| EXERCISE |
Using the records below, transcribe word for word the stretch from the line that contains "AllShort key (c ∷ cs) = AllShort key cs" through the line that contains "s) (snapshot_turns key snapshot)", both end lines included, and nothing else.
MATERIAL PROVIDED below:
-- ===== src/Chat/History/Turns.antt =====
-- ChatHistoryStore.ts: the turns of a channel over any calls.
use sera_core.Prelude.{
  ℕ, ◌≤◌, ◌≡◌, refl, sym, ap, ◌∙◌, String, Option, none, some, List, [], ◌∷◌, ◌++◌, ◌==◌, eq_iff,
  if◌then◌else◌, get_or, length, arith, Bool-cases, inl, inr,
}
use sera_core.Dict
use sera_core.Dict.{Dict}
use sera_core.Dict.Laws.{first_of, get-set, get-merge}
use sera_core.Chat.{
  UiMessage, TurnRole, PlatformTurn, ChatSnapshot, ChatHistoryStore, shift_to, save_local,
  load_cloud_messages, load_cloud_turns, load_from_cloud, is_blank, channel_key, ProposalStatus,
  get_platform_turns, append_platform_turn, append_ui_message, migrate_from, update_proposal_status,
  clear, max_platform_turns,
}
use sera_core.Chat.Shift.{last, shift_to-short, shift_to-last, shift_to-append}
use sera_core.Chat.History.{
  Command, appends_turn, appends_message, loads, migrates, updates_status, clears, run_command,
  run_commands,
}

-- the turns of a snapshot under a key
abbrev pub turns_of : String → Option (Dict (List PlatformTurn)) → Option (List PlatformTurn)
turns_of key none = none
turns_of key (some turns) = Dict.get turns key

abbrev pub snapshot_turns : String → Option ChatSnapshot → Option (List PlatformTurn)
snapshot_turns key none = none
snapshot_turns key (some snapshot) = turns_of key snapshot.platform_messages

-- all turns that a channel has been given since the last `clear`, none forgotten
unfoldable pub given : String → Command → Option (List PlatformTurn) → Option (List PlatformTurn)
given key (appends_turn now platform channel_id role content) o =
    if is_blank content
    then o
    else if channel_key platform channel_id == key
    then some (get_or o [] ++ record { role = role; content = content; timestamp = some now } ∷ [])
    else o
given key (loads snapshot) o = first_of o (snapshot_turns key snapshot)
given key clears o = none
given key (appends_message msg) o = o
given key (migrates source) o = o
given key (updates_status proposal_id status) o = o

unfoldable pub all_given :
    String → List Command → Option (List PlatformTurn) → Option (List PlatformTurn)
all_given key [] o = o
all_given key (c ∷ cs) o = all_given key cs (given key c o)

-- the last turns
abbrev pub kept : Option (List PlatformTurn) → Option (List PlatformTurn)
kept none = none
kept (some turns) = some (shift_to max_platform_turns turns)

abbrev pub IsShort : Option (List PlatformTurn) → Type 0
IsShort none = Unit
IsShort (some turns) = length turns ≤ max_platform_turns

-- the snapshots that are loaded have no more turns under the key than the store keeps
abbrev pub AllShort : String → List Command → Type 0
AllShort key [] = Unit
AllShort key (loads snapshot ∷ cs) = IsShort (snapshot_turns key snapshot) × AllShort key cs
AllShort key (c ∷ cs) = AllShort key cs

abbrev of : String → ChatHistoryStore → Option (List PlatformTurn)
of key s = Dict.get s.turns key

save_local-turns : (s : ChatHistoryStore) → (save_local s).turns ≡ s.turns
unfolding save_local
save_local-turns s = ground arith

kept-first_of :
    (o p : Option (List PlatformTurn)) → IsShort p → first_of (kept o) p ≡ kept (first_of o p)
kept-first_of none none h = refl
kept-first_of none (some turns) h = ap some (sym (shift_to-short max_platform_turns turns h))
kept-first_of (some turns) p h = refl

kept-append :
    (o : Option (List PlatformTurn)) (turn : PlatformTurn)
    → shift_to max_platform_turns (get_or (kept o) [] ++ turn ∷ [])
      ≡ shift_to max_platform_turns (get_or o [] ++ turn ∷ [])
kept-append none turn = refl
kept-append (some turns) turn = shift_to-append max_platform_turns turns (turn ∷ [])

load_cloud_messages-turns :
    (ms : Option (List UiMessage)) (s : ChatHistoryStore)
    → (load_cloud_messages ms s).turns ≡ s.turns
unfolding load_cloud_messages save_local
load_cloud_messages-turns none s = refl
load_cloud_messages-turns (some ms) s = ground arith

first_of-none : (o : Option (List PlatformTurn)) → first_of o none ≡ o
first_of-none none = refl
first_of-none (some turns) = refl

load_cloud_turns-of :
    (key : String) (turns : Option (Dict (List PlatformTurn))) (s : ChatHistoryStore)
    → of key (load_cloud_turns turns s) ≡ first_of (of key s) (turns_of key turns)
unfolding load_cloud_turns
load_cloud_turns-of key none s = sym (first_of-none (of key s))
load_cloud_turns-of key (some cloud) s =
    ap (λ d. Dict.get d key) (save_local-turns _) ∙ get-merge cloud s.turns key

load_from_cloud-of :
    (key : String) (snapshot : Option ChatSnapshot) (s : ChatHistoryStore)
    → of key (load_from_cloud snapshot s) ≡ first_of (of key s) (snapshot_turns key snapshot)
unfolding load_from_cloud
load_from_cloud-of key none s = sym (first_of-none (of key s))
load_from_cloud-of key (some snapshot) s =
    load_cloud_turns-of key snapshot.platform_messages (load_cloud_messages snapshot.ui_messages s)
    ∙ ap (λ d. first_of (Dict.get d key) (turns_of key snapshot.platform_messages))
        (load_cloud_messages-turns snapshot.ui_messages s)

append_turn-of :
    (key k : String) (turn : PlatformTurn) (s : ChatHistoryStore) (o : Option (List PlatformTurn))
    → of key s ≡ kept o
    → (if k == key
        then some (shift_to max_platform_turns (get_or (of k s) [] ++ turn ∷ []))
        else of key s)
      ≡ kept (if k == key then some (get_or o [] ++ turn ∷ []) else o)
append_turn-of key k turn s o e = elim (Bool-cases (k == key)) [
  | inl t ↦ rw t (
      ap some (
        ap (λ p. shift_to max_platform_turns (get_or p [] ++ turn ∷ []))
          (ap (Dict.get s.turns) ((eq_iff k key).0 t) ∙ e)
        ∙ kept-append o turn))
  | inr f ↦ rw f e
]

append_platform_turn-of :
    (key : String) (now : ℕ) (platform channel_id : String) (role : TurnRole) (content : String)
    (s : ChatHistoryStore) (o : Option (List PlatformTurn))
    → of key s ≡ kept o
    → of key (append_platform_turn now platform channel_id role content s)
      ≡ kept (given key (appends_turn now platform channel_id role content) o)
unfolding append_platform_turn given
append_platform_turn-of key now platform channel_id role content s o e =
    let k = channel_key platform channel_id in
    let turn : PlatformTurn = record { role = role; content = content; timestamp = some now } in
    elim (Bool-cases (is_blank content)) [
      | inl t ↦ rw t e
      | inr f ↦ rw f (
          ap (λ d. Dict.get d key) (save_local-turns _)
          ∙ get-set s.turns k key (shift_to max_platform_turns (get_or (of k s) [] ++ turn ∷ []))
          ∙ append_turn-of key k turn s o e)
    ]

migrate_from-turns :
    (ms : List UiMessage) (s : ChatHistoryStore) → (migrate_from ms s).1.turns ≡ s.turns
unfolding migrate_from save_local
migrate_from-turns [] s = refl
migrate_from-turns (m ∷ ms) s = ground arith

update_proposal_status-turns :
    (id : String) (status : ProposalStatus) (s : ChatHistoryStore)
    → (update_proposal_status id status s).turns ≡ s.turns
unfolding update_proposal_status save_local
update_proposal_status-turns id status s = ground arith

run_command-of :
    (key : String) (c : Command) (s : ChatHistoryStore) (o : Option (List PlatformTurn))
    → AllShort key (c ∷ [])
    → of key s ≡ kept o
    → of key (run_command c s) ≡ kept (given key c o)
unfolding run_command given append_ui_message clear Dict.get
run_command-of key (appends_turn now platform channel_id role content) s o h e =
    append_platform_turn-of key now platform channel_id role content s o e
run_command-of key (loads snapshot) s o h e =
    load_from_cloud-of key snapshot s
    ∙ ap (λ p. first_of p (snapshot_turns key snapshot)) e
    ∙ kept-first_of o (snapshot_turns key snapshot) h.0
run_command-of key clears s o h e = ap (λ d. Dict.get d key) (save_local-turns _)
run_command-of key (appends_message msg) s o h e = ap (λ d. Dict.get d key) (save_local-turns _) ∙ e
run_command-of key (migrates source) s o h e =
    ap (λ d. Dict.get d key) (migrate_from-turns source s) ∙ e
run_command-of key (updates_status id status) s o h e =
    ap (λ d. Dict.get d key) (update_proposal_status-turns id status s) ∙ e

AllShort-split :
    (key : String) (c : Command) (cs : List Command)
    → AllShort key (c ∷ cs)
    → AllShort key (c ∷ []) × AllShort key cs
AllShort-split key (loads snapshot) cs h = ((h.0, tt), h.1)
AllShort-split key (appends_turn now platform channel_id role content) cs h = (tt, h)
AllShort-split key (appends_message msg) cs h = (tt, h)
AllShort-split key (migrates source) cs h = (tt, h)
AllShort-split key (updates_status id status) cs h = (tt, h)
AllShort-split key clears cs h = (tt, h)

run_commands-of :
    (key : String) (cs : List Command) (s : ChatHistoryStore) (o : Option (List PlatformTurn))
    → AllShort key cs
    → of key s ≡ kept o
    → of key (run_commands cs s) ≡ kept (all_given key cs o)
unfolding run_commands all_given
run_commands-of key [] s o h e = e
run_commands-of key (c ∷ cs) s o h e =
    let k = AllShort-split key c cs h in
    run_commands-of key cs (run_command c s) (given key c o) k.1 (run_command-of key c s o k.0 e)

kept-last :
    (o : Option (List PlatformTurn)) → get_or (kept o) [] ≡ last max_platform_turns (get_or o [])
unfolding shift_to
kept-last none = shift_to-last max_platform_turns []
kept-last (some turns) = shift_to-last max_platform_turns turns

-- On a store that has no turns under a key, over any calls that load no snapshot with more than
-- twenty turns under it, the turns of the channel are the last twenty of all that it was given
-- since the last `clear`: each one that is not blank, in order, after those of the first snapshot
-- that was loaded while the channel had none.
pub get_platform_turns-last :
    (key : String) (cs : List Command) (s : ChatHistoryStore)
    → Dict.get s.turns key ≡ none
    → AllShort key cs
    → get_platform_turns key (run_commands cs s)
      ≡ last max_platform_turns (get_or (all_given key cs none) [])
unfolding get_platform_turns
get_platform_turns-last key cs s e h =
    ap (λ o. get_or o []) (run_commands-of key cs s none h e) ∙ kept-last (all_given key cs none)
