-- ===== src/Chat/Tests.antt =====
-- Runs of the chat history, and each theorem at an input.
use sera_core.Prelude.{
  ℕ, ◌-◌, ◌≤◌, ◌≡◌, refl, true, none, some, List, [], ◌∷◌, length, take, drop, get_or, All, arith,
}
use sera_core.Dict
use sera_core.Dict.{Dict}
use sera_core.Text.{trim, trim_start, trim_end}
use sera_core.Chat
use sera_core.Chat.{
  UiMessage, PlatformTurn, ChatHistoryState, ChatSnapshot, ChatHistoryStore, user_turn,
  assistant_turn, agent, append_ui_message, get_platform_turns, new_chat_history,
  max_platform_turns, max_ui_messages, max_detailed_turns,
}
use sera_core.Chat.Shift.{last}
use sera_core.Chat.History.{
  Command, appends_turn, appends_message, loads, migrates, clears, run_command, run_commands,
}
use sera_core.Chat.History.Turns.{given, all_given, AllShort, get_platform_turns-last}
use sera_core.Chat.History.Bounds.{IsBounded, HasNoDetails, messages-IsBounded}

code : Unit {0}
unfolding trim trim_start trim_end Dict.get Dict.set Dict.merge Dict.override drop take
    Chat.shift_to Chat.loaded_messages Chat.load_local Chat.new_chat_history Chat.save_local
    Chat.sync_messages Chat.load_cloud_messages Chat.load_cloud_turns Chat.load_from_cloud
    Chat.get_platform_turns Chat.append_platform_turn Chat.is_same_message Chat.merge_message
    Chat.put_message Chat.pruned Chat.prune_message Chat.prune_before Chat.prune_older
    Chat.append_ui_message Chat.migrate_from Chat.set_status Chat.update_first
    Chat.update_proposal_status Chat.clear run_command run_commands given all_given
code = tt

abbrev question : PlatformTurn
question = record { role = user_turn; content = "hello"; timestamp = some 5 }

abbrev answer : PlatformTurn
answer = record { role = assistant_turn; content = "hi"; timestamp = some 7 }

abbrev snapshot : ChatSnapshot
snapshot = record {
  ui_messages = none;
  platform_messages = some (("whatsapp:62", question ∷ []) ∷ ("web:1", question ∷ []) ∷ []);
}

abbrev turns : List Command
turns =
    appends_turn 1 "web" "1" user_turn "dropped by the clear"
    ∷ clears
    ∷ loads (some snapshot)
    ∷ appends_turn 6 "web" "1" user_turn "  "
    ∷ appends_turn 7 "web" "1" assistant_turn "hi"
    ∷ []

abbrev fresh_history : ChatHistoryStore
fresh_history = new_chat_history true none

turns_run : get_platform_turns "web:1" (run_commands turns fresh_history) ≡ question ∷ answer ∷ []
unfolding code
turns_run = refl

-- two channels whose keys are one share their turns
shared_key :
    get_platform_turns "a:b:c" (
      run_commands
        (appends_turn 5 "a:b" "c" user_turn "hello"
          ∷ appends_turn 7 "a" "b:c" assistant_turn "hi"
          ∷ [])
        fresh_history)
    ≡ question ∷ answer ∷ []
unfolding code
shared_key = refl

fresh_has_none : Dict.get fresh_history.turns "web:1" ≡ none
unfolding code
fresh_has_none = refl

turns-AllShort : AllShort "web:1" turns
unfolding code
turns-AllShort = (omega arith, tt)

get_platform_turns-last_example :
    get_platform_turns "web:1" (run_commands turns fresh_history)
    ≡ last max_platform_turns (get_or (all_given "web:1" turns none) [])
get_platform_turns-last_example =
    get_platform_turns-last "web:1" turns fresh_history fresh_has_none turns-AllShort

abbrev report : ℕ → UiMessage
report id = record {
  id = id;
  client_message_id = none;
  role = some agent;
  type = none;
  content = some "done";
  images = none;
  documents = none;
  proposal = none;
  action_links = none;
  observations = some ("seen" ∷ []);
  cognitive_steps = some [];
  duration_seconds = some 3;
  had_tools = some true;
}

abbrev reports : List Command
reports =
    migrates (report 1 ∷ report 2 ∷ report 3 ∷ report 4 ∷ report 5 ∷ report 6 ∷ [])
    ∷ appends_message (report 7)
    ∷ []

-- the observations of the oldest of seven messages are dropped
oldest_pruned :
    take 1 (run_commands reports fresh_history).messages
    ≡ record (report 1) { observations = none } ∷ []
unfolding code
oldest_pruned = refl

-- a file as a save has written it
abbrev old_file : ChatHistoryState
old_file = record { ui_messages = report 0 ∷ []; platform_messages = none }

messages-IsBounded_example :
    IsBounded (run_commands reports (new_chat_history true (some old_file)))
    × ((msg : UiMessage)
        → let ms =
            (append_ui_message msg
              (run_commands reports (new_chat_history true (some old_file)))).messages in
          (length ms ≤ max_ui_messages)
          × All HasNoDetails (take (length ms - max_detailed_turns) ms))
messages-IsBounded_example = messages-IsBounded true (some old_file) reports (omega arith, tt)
End of MATERIAL PROVIDED.
| SOLUTION FOR THIS EXERCISE |
AllShort key (c ∷ cs) = AllShort key cs

abbrev of : String → ChatHistoryStore → Option (List PlatformTurn)
of key s = Dict.get s.turns key

save_local-turns : (s : ChatHistoryStore) → (save_local s).turns ≡ s.turns
unfolding save_local
save_local-turns s = ground arith

kept-first_of :
    (o p : Option (List PlatformTurn)) → IsShort p → first_of (kept o) p ≡ kept (first_of o p)
kept-first_of none none h = refl
kept-first_of none (some turns) h = ap some (sym (shift_to-short max_platform_turns turns h))
kept-first_of (some turns) p h = refl

kept-append :
    (o : Option (List PlatformTurn)) (turn : PlatformTurn)
    → shift_to max_platform_turns (get_or (kept o) [] ++ turn ∷ [])
      ≡ shift_to max_platform_turns (get_or o [] ++ turn ∷ [])
kept-append none turn = refl
kept-append (some turns) turn = shift_to-append max_platform_turns turns (turn ∷ [])

load_cloud_messages-turns :
    (ms : Option (List UiMessage)) (s : ChatHistoryStore)
    → (load_cloud_messages ms s).turns ≡ s.turns
unfolding load_cloud_messages save_local
load_cloud_messages-turns none s = refl
load_cloud_messages-turns (some ms) s = ground arith

first_of-none : (o : Option (List PlatformTurn)) → first_of o none ≡ o
first_of-none none = refl
first_of-none (some turns) = refl

load_cloud_turns-of :
    (key : String) (turns : Option (Dict (List PlatformTurn))) (s : ChatHistoryStore)
    → of key (load_cloud_turns turns s) ≡ first_of (of key s) (turns_of key turns)
unfolding load_cloud_turns
load_cloud_turns-of key none s = sym (first_of-none (of key s))
load_cloud_turns-of key (some cloud) s =
    ap (λ d. Dict.get d key) (save_local-turns _) ∙ get-merge cloud s.turns key

load_from_cloud-of :
    (key : String) (snapshot : Option ChatSnapshot) (s : ChatHistoryStore)
    → of key (load_from_cloud snapshot s) ≡ first_of (of key s) (snapshot_turns key snapshot)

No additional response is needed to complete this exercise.